Friday, March 12, 2010

The Love Letters I Never Wrote

(Alternatively titled: Dead Sea Scrolls)


There is a place far from the freedom of the City where the sun is always shining. Waves roll up a sandy beach with a crisp, full sound. Sitting right where the tide comes in, the cool water refreshes weary feet. It's always a striking blue. The horizon continues into a “yonder,” when the sky meets the sea for as far as the eye can see. This is where I live.


Behind that sacred seat, is the lush greenery that I think is called a jungle. Life here exists brilliantly, vibrantly.


Psalm 24


She makes me feel alive, in a new way. In a way that I don't even know how to explain... it's like... fuck, man – it's the reason curse words were invented. My religious friends always said that the gods fill a hole in your heart that you didn't know you had. She does that. Since the moment I fucking saw her, I became different. I became hungry.
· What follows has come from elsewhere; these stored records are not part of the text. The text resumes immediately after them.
-- ===== src/Collect/Scan/Sound.antt =====
-- internal/collect/scan.go and state.go: what the ledger of deliveries is good for. Every key in it
-- names a batch that a sink has accepted, in the memory and in the file.
use Prim.Native.String.{◌++◌ as append}
use omni_token.Prelude.{
  ℕ, String, Bool, true, false, Option, none, some, List, ◌≡◌, ◌⊎◌, refl, sym, subst, inl, inr,
  ◌==◌, ◌||◌, Bool-cases, eq_iff, ltb, is_some, of_some,
}
use omni_token.Model.Event.{Event}
use omni_token.Model.Snapshot.{QuotaSnapshot}
use omni_token.Collect.State.{
  put, new_state, InFlightScan, State, Disk, missing, unreadable, corrupt, holds, usable_scan,
  load_state, Process, saved, with_delivered, put_chunks, reset_offsets, begin_scan, mark_scan,
  mark_delivery_done, discard_scan, commit, cached_repo, repo_for,
}
use omni_token.Collect.State.Rollback.{
  Rolled, reset_offsets-Rolled, begin_scan-Rolled, mark_delivery_done-Rolled, discard_scan-Rolled,
  commit-Rolled,
}
use omni_token.Collect.Scan.Names.{EventNamed, QuotaNamed}

usable_scan-some :
    (file : String) (o : Option InFlightScan) (scan : InFlightScan)
    → usable_scan file o ≡ some scan
    → o ≡ some scan
unfolding usable_scan
usable_scan-some file none scan h = cc
usable_scan-some file (some v) scan h =
    elim (Bool-cases (file == "" || ltb v.scan_end v.scan_start)) [
      | inl bad ↦ cc (rw bad at h)
      | inr good ↦ rw good at h
    ]

module _ (events_digest : List Event → Option String)
    (quotas_digest : List QuotaSnapshot → Option String) where
  module _ (events : List (List Event)) (quotas : List (List QuotaSnapshot)) where
    pub record SoundState (s : State) : Type 0 where
      pub delivered :
          (file : String) (scan : InFlightScan) (key : String)
          → s.in_flight file ≡ some scan
          → scan.delivered key ≡ true
          → EventNamed events_digest quotas_digest events key
            ⊎ QuotaNamed events_digest quotas_digest quotas key
      pub chunks :
          (file : String) (m : ℕ → Option String) (i : ℕ) (key : String)
          → s.chunks file ≡ some m
          → m i ≡ some key
          → EventNamed events_digest quotas_digest events key

    abbrev pub SoundDisk : Disk → Type 0
    SoundDisk (holds s) = SoundState s
    SoundDisk _ = Unit

    pub record SoundProcess (p : Process) : Type 0 where
      pub memory : SoundState p.memory
      pub disk : SoundDisk p.disk

    saved-Sound :
        (b : Bool) (new old : State) (p : Process)
        → SoundState new
        → Rolled p (saved b new old p)
        → SoundProcess p
        → SoundProcess (saved b new old p).0
    saved-Sound true new old p fresh rolled k = record { memory = fresh; disk = fresh }
    saved-Sound false new old p fresh rolled k = record {
      memory = subst SoundState (sym rolled.0) k.memory;
      disk = k.disk;
    }

    new_state-Sound : SoundState new_state
    new_state-Sound = record {
      delivered = λ file scan key held told. absurd (cc held);
      chunks = λ file m i key held told. absurd (cc held);
    }

    put-delivered :
        (s : State) (file : String) (scan : InFlightScan)
        → SoundState s
        → ((key : String)
            → scan.delivered key ≡ true
            → EventNamed events_digest quotas_digest events key
              ⊎ QuotaNamed events_digest quotas_digest quotas key)
        → (file' : String) (scan' : InFlightScan) (key : String)
        → put file scan s.in_flight file' ≡ some scan'
        → scan'.delivered key ≡ true
        → EventNamed events_digest quotas_digest events key
          ⊎ QuotaNamed events_digest quotas_digest quotas key
    put-delivered s file scan k named file' scan' key held told =
        elim (Bool-cases (file' == file)) [
          | inl same ↦ named key (
              subst (λ (v : InFlightScan). v.delivered key ≡ true) (sym (of_some (rw same at held)))
                (told))
          | inr other ↦ k.delivered file' scan' key (rw other at held) told
        ]

    pub begin_scan-Sound :
        (save_ok : ℕ → Bool) (file : String) (start end turn_start : ℕ) (p : Process)
        → SoundProcess p
        → SoundProcess (begin_scan save_ok file start end turn_start p).0
    unfolding begin_scan
    begin_scan-Sound save_ok file start end turn_start p k =
        let scan : InFlightScan = record {
          scan_start = start;
          scan_end = end;
          turn_start_ms = turn_start;
          delivered = λ key. false;
        } in
        let rolled = begin_scan-Rolled save_ok file start end turn_start p in
        elim (Bool-cases (is_some (p.memory.in_flight file))) [
          | inl begun ↦ rw begun k
          | inr fresh ↦ rw fresh (
              saved-Sound (save_ok p.saves) _ _ p
                (record {
                  delivered =
                      put-delivered p.memory file scan k.memory (λ key told. absurd (cc told));
                  chunks = k.memory.chunks;
                })
                (rw fresh at rolled) k)
        ]

    pub mark_delivery_done-Sound :
        (save_ok : ℕ → Bool) (file key : String) (p : Process)
        → EventNamed events_digest quotas_digest events key
          ⊎ QuotaNamed events_digest quotas_digest quotas key
        → SoundProcess p
        → SoundProcess (mark_delivery_done save_ok file key p).0
    unfolding mark_delivery_done
    mark_delivery_done-Sound save_ok file key p named k =
        marked (p.memory.in_flight file) refl (mark_delivery_done-Rolled save_ok file key p)
      where
        marked :
            (scan : Option InFlightScan)
            → p.memory.in_flight file ≡ scan
            → Rolled p (mark_scan save_ok file key scan p)
            → SoundProcess (mark_scan save_ok file key scan p).0
        marked none absent rolled = k
        marked (some scan) present rolled = elim (Bool-cases (scan.delivered key)) [
          | inl old ↦ rw old k
          | inr fresh ↦ rw fresh (
              saved-Sound (save_ok p.saves) _ _ p
                (record {
                  delivered =
                      put-delivered p.memory file (with_delivered key scan) k.memory (λ key' told.
                        elim (Bool-cases (key' == key)) [
                          | inl same ↦ rw ((eq_iff key' key).0 same) named
                          | inr other ↦ k.memory.delivered file scan key' present (rw other at told)
                        ]);
                  chunks = k.memory.chunks;
                })
                (rw fresh at rolled) k)
        ]

    pub discard_scan-Sound :
        (save_ok : ℕ → Bool) (file : String) (p : Process)
        → SoundProcess p
        → SoundProcess (discard_scan save_ok file p).0
    unfolding discard_scan
    discard_scan-Sound save_ok file p k =
        let rolled = discard_scan-Rolled save_ok file p in
        elim (Bool-cases (is_some (p.memory.in_flight file) || is_some (p.memory.chunks file))) [
          | inl some_entry ↦ rw some_entry (
              saved-Sound (save_ok p.saves) _ _ p
                (record {
                  delivered = λ file' scan' key held told. elim (Bool-cases (file' == file)) [
                    | inl same ↦ absurd (cc (rw same at held))
                    | inr other ↦ k.memory.delivered file' scan' key (rw other at held) told
                  ];
                  chunks = λ file' m i key held told. elim (Bool-cases (file' == file)) [
                    | inl same ↦ absurd (cc (rw same at held))
                    | inr other ↦ k.memory.chunks file' m i key (rw other at held) told
                  ];
                })
                (rw some_entry at rolled) k)
          | inr no_entry ↦ rw no_entry k
        ]

    put_chunks-Sound :
        (s : State) (file : String) (c : Option (ℕ → Option String))
        → SoundState s
        → ((m : ℕ → Option String) (i : ℕ) (key : String)
            → c ≡ some m
            → m i ≡ some key
            → EventNamed events_digest quotas_digest events key)
        → (file' : String) (m : ℕ → Option String) (i : ℕ) (key : String)
        → put_chunks file c s.chunks file' ≡ some m
        → m i ≡ some key
        → EventNamed events_digest quotas_digest events key
    put_chunks-Sound s file none k named file' m i key held told = k.chunks file' m i key held told
    put_chunks-Sound s file (some c) k named file' m i key held told =
        elim (Bool-cases (file' == file)) [
          | inl same ↦ named m i key (rw same at held) told
          | inr other ↦ k.chunks file' m i key (rw other at held) told
        ]

    pub commit-Sound :
        (save_ok : ℕ → Bool) (file : String) (offset turn_start : ℕ)
        (c : Option (ℕ → Option String)) (p : Process)
        → ((m : ℕ → Option String) (i : ℕ) (key : String)
            → c ≡ some m
            → m i ≡ some key
            → EventNamed events_digest quotas_digest events key)
        → SoundProcess p
        → SoundProcess (commit save_ok file offset turn_start c p).0
    unfolding commit
    commit-Sound save_ok file offset turn_start c p named k =
        saved-Sound (save_ok p.saves) _ _ p
          (record {
            delivered = λ file' scan' key held told. elim (Bool-cases (file' == file)) [
              | inl same ↦ absurd (cc (rw same at held))
              | inr other ↦ k.memory.delivered file' scan' key (rw other at held) told
            ];
            chunks = put_chunks-Sound p.memory file c k.memory named;
          })
          (commit-Rolled save_ok file offset turn_start c p) k

    pub reset_offsets-Sound :
        (save_ok : ℕ → Bool) (p : Process)
        → SoundProcess p
        → SoundProcess (reset_offsets save_ok p).0
    unfolding reset_offsets
    reset_offsets-Sound save_ok p k =
        saved-Sound (save_ok p.saves) _ _ p
          (record {
            delivered = λ file scan key held told. absurd (cc held);
            chunks = λ file m i key held told. absurd (cc held);
          })
          (reset_offsets-Rolled save_ok p) k

    pub repo_for-Sound :
        (save_ok : ℕ → Bool) (device cwd : String) (resolve : String → String) (p : Process)
        → SoundProcess p
        → SoundProcess (repo_for save_ok device cwd resolve p).0
    unfolding repo_for
    repo_for-Sound save_ok device cwd resolve p k =
        cached (p.memory.repo_by_cwd (append device (append "|" cwd)))
      where
        both : (b : Bool) (new : State) → SoundState new → SoundProcess (saved b new new p).0
        both true new h = record { memory = h; disk = h }
        both false new h = record { memory = h; disk = k.disk }

        cached :
            (o : Option String)
            → SoundProcess (cached_repo save_ok o (append device (append "|" cwd)) resolve cwd p).0
        cached (some repo) = k
        cached none =
            both (save_ok p.saves) _
              (record { delivered = k.memory.delivered; chunks = k.memory.chunks })

    pub load_state-Sound :
        (d : Disk) (s : State) → SoundDisk d → load_state d ≡ some s → SoundState s
    unfolding load_state
    load_state-Sound missing s k h = subst SoundState (of_some h) new_state-Sound
    load_state-Sound unreadable s k h = absurd (cc h)
    load_state-Sound corrupt s k h = subst SoundState (of_some h) new_state-Sound
    load_state-Sound (holds t) s k h = subst SoundState (of_some h) (record {
      delivered = λ file scan key held told.
          k.delivered file scan key (usable_scan-some file (t.in_flight file) scan held) told;
      chunks = k.chunks;
    })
For the first time in my life, I didn't just understand it, I was it.


I don't know how to tell her, but I try every time she lets me. I want her. I want to fuck her, I want to provide for her, I want to make her smile, I want to know everything about her. She makes me want to live, to adventure, to be a better person. Life was black and white, meaningless and dull before her. Now, whenever I think of her, the whole world seems bright and alive. I feel real.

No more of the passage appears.